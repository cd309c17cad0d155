-- ===== src/Kernel.antt =====
-- The operating system as the program sees it: each function of std::fs, nix, libc and caps that
-- the program calls is a `Call`, and a machine answers every call from the calls before it. The
-- machine is a parameter of every theorem, so a theorem holds for every environment. The program's
-- own state is the calls made so far and the static `CHILD_PID` of src/process.rs.
pub mod Script
pub mod Makes
pub mod Fails
pub mod Ensures
pub mod Heeds
pub mod Sample
use boxed.Prelude.{ℕ, List, [], ◌∷◌, ◌++◌, Option, none, some}
use boxed.Text.{Text}
use boxed.Types.{
  MsFlag, Capability, CapSet, Signal, CloneFlag, DirEntry, FileStat, WaitStatus, ForkResult,
}
use boxed.Error.{Message, os, Result, ok, err, with_context}
use boxed.Seccomp.Filter.{SockFilter}

pub data Call : Type 0 where
  read_to_string : Text → Call
  write_file : Text → Text → Call
  create_dir_all : Text → Call
  remove_dir : Text → Call
  remove_dir_all : Text → Call
  set_permissions : Text → ℕ → Call
  read_dir : Text → Call
  stat : Text → Call
  -- `OpenOptions::new().write(true).open(path)`, and `write_all` on the file that it opened.
  open_write : Text → Call
  write_all : Text → Text → Call
  mount : Option Text → Text → Option Text → List MsFlag → Option Text → Call
  -- `umount2(target, MNT_DETACH)`
  umount_detach : Text → Call
  chdir : Text → Call
  pivot_root : Text → Text → Call
  sethostname : Text → Call
  drop_cap : CapSet → Capability → Call
  set_no_new_privs : Call
  -- `prctl(PR_SET_SECCOMP, SECCOMP_MODE_FILTER, { len, filter })`
  install_seccomp : ℕ → List SockFilter → Call
  sig_block : List Signal → Call
  sig_unblock : List Signal → Call
  -- `signal(sig, Handler(forward_signal))`
  install_forwarding : Signal → Call
  kill : ℕ → Signal → Call
  fork : Call
  execvp : List Text → Call
  -- `waitpid` of a child, or of any child.
  waitpid : Option ℕ → Call
  -- The sync pipe: its creation, the write of the byte, and the drop of the parent's write end. The
  -- read end is dropped with the closure that `clone` takes.
  pipe2 : Call
  write_sync_byte : Call
  drop_write_fd : Call
  -- The sync pipe: the drop of the child's copy of the write end, and the read of one byte.
  drop_write_copy : Call
  read_sync_fd : Call
  clone : List CloneFlag → Call

abbrev pub Reply : Call → Type 0
Reply (read_to_string p) = Text
Reply (read_dir p) = List DirEntry
Reply (stat p) = FileStat
Reply fork = ForkResult
Reply (waitpid p) = WaitStatus
Reply (clone fs) = ℕ
Reply read_sync_fd = ℕ
Reply _ = Unit

-- An answer, or an `errno`.
pub data Outcome (A : Type 0) : Type 0 where
  done : A → Outcome A
  failed : ℕ → Outcome A

pub record Machine : Type 0 where
  pub answer : List Call → (c : Call) → Outcome (Reply c)
  -- `getuid`, `getgid`, `std::process::id` and `std::env::temp_dir`, which do not fail
  pub uid : ℕ
  pub gid : ℕ
  pub pid : ℕ
  pub temp_dir : Text
  -- `env::var("HOME")`, which fails if it is not set or is not UTF-8
  pub home : Option Text

pub record World : Type 0 where
  pub calls : List Call
  pub child_pid : ℕ

-- A function that may call the system and may fail.
abbrev pub Io : Type 0 → Type 0
Io A = Machine → World → Result A × World

abbrev pub to_result : {A : Type 0} → Outcome A → Result A
to_result (done a) = ok a
to_result (failed e) = err (os e)

unfoldable pub call : (c : Call) → Io (Reply c)
call c m w = (to_result (m.answer w.calls c), record w { calls = w.calls ++ c ∷ [] })

abbrev pub lift : {A : Type 0} → Result A → Io A
lift r m w = (r, w)

abbrev pub pure : {A : Type 0} → A → Io A
pure a = lift (ok a)

-- A value that the machine gives with no failure.
abbrev pub ask : {A : Type 0} → (Machine → A) → Io A
ask f m w = (ok (f m), w)

abbrev pub proceed : {A B : Type 0} → Result A → (A → Io B) → Io B
proceed (ok a) f m w = f a m w
proceed (err e) f m w = (err e, w)

infixl 10 ◌>>=◌ ◌>>◌
abbrev pub ◌>>=◌ : {A B : Type 0} → Io A → (A → Io B) → Io B
◌>>=◌ io f m w = proceed (io m w).0 f m (io m w).1

abbrev pub ◌>>◌ : {A B : Type 0} → Io A → Io B → Io B
io >> next = io >>= λ _. next

-- `.context(msg)`
abbrev pub within : {A : Type 0} → Message → Io A → Io A
within msg io m w = (with_context msg (io m w).0, (io m w).1)

-- The result of a call as a value, for a `match` on it.
abbrev pub attempt : {A : Type 0} → Io A → Io (Result A)
attempt io m w = (ok (io m w).0, (io m w).1)

-- `if let Some(a) = option { f(a) }`
abbrev pub for_some : {A : Type 0} → Option A → (A → Io (Unit {0})) → Io (Unit {0})
for_some none f = pure tt
for_some (some a) f = f a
---+---
-- WHAT YOU NEED TO DO --
All that is wanted is the stretch of lines above from the one containing "write_all : Text → Text → Call" through the one containing "install_forwarding : Signal → Call", duplicated exactly.

-- EXPECTED OUTPUT --
  write_all : Text → Text → Call
  mount : Option Text → Text → Option Text → List MsFlag → Option Text → Call
  -- `umount2(target, MNT_DETACH)`
  umount_detach : Text → Call
  chdir : Text → Call
  pivot_root : Text → Text → Call
  sethostname : Text → Call
  drop_cap : CapSet → Capability → Call
  set_no_new_privs : Call
  -- `prctl(PR_SET_SECCOMP, SECCOMP_MODE_FILTER, { len, filter })`
  install_seccomp : ℕ → List SockFilter → Call
  sig_block : List Signal → Call
  sig_unblock : List Signal → Call
  -- `signal(sig, Handler(forward_signal))`
  install_forwarding : Signal → Call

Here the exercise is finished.